━━━ DATA UNDER STUDY ━━━

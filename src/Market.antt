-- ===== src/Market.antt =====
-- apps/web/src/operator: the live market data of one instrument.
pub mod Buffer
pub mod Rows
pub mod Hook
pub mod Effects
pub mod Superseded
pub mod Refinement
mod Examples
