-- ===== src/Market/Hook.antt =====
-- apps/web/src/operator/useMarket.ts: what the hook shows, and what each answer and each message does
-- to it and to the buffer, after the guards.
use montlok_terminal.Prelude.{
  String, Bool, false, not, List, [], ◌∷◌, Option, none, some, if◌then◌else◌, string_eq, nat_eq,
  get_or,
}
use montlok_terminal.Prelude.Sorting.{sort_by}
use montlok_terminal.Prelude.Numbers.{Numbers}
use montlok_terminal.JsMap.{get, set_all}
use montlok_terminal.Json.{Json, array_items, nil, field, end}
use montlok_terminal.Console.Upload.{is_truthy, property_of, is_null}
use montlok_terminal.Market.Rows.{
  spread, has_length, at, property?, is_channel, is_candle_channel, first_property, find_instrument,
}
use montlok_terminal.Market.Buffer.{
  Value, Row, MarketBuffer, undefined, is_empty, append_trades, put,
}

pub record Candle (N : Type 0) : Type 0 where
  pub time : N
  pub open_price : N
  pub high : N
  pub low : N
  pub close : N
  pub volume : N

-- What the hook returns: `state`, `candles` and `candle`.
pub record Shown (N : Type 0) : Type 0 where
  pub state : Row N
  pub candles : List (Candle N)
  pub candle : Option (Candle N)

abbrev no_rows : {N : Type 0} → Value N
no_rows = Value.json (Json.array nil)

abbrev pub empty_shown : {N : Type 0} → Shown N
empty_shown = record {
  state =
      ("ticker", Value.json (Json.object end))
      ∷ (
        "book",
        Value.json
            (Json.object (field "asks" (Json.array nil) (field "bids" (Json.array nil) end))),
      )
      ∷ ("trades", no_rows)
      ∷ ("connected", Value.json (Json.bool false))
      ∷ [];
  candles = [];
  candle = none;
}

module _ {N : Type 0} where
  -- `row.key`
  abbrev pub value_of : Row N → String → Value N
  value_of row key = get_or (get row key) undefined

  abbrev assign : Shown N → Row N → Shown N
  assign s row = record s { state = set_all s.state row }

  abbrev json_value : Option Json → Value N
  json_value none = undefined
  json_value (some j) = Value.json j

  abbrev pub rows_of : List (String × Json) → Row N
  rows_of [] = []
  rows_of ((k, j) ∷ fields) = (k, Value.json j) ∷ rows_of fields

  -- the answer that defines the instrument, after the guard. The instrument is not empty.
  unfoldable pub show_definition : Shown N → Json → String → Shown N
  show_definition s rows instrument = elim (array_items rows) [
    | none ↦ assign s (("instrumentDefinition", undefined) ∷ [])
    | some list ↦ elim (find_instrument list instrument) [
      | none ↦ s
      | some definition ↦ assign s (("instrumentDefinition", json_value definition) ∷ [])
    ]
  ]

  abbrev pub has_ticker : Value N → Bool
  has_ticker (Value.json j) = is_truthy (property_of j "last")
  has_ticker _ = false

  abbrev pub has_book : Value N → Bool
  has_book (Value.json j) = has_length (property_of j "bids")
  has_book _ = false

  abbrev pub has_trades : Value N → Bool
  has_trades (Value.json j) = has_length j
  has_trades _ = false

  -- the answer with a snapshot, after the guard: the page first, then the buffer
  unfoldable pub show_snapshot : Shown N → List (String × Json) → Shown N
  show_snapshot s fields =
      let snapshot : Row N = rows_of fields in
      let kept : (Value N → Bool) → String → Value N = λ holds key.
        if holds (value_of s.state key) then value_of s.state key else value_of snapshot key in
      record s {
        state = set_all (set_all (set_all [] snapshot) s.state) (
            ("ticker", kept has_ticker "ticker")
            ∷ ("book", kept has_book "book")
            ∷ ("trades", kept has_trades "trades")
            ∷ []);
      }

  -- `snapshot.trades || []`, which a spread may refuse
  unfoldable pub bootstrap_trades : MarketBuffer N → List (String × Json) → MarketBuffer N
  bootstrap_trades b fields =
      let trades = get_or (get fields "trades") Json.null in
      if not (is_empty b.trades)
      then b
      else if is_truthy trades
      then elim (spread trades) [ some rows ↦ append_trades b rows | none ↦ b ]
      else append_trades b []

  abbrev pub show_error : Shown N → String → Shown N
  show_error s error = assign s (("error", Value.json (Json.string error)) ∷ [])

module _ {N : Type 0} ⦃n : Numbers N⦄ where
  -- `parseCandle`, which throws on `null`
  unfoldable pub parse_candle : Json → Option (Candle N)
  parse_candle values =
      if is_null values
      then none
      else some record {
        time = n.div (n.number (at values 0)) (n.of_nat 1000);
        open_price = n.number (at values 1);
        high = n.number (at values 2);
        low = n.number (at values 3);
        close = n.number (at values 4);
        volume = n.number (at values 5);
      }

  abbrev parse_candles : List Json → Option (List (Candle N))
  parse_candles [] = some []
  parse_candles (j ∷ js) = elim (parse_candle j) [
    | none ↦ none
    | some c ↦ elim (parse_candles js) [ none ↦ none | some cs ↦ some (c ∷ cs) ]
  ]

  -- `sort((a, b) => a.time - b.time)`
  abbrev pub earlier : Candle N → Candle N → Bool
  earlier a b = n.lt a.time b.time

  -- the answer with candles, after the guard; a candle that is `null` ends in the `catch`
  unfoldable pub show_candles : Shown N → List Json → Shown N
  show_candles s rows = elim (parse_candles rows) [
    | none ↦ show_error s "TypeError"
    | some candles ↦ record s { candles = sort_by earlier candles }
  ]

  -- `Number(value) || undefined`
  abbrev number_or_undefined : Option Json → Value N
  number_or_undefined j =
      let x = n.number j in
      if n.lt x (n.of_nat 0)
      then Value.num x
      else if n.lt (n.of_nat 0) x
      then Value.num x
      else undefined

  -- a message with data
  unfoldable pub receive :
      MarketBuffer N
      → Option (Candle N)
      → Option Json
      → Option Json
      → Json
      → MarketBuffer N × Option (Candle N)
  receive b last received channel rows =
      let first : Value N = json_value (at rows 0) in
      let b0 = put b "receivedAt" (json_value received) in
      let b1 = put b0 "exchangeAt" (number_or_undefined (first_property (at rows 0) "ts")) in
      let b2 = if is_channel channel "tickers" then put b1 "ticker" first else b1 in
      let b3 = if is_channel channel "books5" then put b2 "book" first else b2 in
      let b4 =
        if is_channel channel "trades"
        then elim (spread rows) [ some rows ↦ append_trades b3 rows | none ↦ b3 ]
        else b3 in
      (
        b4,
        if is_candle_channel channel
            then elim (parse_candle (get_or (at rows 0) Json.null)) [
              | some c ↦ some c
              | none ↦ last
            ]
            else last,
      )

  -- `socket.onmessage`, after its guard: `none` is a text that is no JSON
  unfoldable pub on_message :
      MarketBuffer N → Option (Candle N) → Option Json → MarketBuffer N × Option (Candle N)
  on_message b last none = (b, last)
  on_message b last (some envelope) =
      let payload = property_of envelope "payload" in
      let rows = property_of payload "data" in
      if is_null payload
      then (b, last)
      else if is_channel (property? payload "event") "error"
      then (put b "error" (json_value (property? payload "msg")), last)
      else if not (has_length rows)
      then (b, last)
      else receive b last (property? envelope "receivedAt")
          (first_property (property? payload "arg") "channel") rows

━━━

- YOUR OBJECTIVE:
Line by line, output the data precisely as shown above.

- RESPONSE TO THIS EXERCISE:
filename src/Market.antt
-- ===== src/Market.antt =====
-- apps/web/src/operator: the live market data of one instrument.
pub mod Buffer
pub mod Rows
pub mod Hook
pub mod Effects
pub mod Superseded
pub mod Refinement
mod Examples
-- ===== src/Market/Hook.antt =====
-- apps/web/src/operator/useMarket.ts: what the hook shows, and what each answer and each message does
-- to it and to the buffer, after the guards.
use montlok_terminal.Prelude.{
  String, Bool, false, not, List, [], ◌∷◌, Option, none, some, if◌then◌else◌, string_eq, nat_eq,
  get_or,
}
use montlok_terminal.Prelude.Sorting.{sort_by}
use montlok_terminal.Prelude.Numbers.{Numbers}
use montlok_terminal.JsMap.{get, set_all}
use montlok_terminal.Json.{Json, array_items, nil, field, end}
use montlok_terminal.Console.Upload.{is_truthy, property_of, is_null}
use montlok_terminal.Market.Rows.{
  spread, has_length, at, property?, is_channel, is_candle_channel, first_property, find_instrument,
}
use montlok_terminal.Market.Buffer.{
  Value, Row, MarketBuffer, undefined, is_empty, append_trades, put,
}

pub record Candle (N : Type 0) : Type 0 where
  pub time : N
  pub open_price : N
  pub high : N
  pub low : N
  pub close : N
  pub volume : N

-- What the hook returns: `state`, `candles` and `candle`.
pub record Shown (N : Type 0) : Type 0 where
  pub state : Row N
  pub candles : List (Candle N)
  pub candle : Option (Candle N)

abbrev no_rows : {N : Type 0} → Value N
no_rows = Value.json (Json.array nil)

abbrev pub empty_shown : {N : Type 0} → Shown N
empty_shown = record {
  state =
      ("ticker", Value.json (Json.object end))
      ∷ (
        "book",
        Value.json
            (Json.object (field "asks" (Json.array nil) (field "bids" (Json.array nil) end))),
      )
      ∷ ("trades", no_rows)
      ∷ ("connected", Value.json (Json.bool false))
      ∷ [];
  candles = [];
  candle = none;
}

module _ {N : Type 0} where
  -- `row.key`
  abbrev pub value_of : Row N → String → Value N
  value_of row key = get_or (get row key) undefined

  abbrev assign : Shown N → Row N → Shown N
  assign s row = record s { state = set_all s.state row }

  abbrev json_value : Option Json → Value N
  json_value none = undefined
  json_value (some j) = Value.json j

  abbrev pub rows_of : List (String × Json) → Row N
  rows_of [] = []
  rows_of ((k, j) ∷ fields) = (k, Value.json j) ∷ rows_of fields

  -- the answer that defines the instrument, after the guard. The instrument is not empty.
  unfoldable pub show_definition : Shown N → Json → String → Shown N
  show_definition s rows instrument = elim (array_items rows) [
    | none ↦ assign s (("instrumentDefinition", undefined) ∷ [])
    | some list ↦ elim (find_instrument list instrument) [
      | none ↦ s
      | some definition ↦ assign s (("instrumentDefinition", json_value definition) ∷ [])
    ]
  ]

  abbrev pub has_ticker : Value N → Bool
  has_ticker (Value.json j) = is_truthy (property_of j "last")
  has_ticker _ = false

  abbrev pub has_book : Value N → Bool
  has_book (Value.json j) = has_length (property_of j "bids")
  has_book _ = false

  abbrev pub has_trades : Value N → Bool
  has_trades (Value.json j) = has_length j
  has_trades _ = false

  -- the answer with a snapshot, after the guard: the page first, then the buffer
  unfoldable pub show_snapshot : Shown N → List (String × Json) → Shown N
  show_snapshot s fields =
      let snapshot : Row N = rows_of fields in
      let kept : (Value N → Bool) → String → Value N = λ holds key.
        if holds (value_of s.state key) then value_of s.state key else value_of snapshot key in
      record s {
        state = set_all (set_all (set_all [] snapshot) s.state) (
            ("ticker", kept has_ticker "ticker")
            ∷ ("book", kept has_book "book")
            ∷ ("trades", kept has_trades "trades")
            ∷ []);
      }

  -- `snapshot.trades || []`, which a spread may refuse
  unfoldable pub bootstrap_trades : MarketBuffer N → List (String × Json) → MarketBuffer N
  bootstrap_trades b fields =
      let trades = get_or (get fields "trades") Json.null in
      if not (is_empty b.trades)
      then b
      else if is_truthy trades
      then elim (spread trades) [ some rows ↦ append_trades b rows | none ↦ b ]
      else append_trades b []

  abbrev pub show_error : Shown N → String → Shown N
  show_error s error = assign s (("error", Value.json (Json.string error)) ∷ [])

module _ {N : Type 0} ⦃n : Numbers N⦄ where
  -- `parseCandle`, which throws on `null`
  unfoldable pub parse_candle : Json → Option (Candle N)
  parse_candle values =
      if is_null values
      then none
      else some record {
        time = n.div (n.number (at values 0)) (n.of_nat 1000);
        open_price = n.number (at values 1);
        high = n.number (at values 2);
        low = n.number (at values 3);
        close = n.number (at values 4);
        volume = n.number (at values 5);
      }

  abbrev parse_candles : List Json → Option (List (Candle N))
  parse_candles [] = some []
  parse_candles (j ∷ js) = elim (parse_candle j) [
    | none ↦ none
    | some c ↦ elim (parse_candles js) [ none ↦ none | some cs ↦ some (c ∷ cs) ]
  ]

  -- `sort((a, b) => a.time - b.time)`
  abbrev pub earlier : Candle N → Candle N → Bool
  earlier a b = n.lt a.time b.time

  -- the answer with candles, after the guard; a candle that is `null` ends in the `catch`
  unfoldable pub show_candles : Shown N → List Json → Shown N
  show_candles s rows = elim (parse_candles rows) [
    | none ↦ show_error s "TypeError"
    | some candles ↦ record s { candles = sort_by earlier candles }
  ]

  -- `Number(value) || undefined`
  abbrev number_or_undefined : Option Json → Value N
  number_or_undefined j =
      let x = n.number j in
      if n.lt x (n.of_nat 0)
      then Value.num x
      else if n.lt (n.of_nat 0) x
      then Value.num x
      else undefined

  -- a message with data
  unfoldable pub receive :
      MarketBuffer N
      → Option (Candle N)
      → Option Json
      → Option Json
      → Json
      → MarketBuffer N × Option (Candle N)
  receive b last received channel rows =
      let first : Value N = json_value (at rows 0) in
      let b0 = put b "receivedAt" (json_value received) in
      let b1 = put b0 "exchangeAt" (number_or_undefined (first_property (at rows 0) "ts")) in
      let b2 = if is_channel channel "tickers" then put b1 "ticker" first else b1 in
      let b3 = if is_channel channel "books5" then put b2 "book" first else b2 in
      let b4 =
        if is_channel channel "trades"
        then elim (spread rows) [ some rows ↦ append_trades b3 rows | none ↦ b3 ]
        else b3 in
      (
        b4,
        if is_candle_channel channel
            then elim (parse_candle (get_or (at rows 0) Json.null)) [
              | some c ↦ some c
              | none ↦ last
            ]
            else last,
      )

  -- `socket.onmessage`, after its guard: `none` is a text that is no JSON
  unfoldable pub on_message :
      MarketBuffer N → Option (Candle N) → Option Json → MarketBuffer N × Option (Candle N)
  on_message b last none = (b, last)
  on_message b last (some envelope) =
      let payload = property_of envelope "payload" in
      let rows = property_of payload "data" in
      if is_null payload
      then (b, last)
      else if is_channel (property? payload "event") "error"
      then (put b "error" (json_value (property? payload "msg")), last)
      else if not (has_length rows)
      then (b, last)
      else receive b last (property? envelope "receivedAt")
          (first_property (property? payload "arg") "channel") rows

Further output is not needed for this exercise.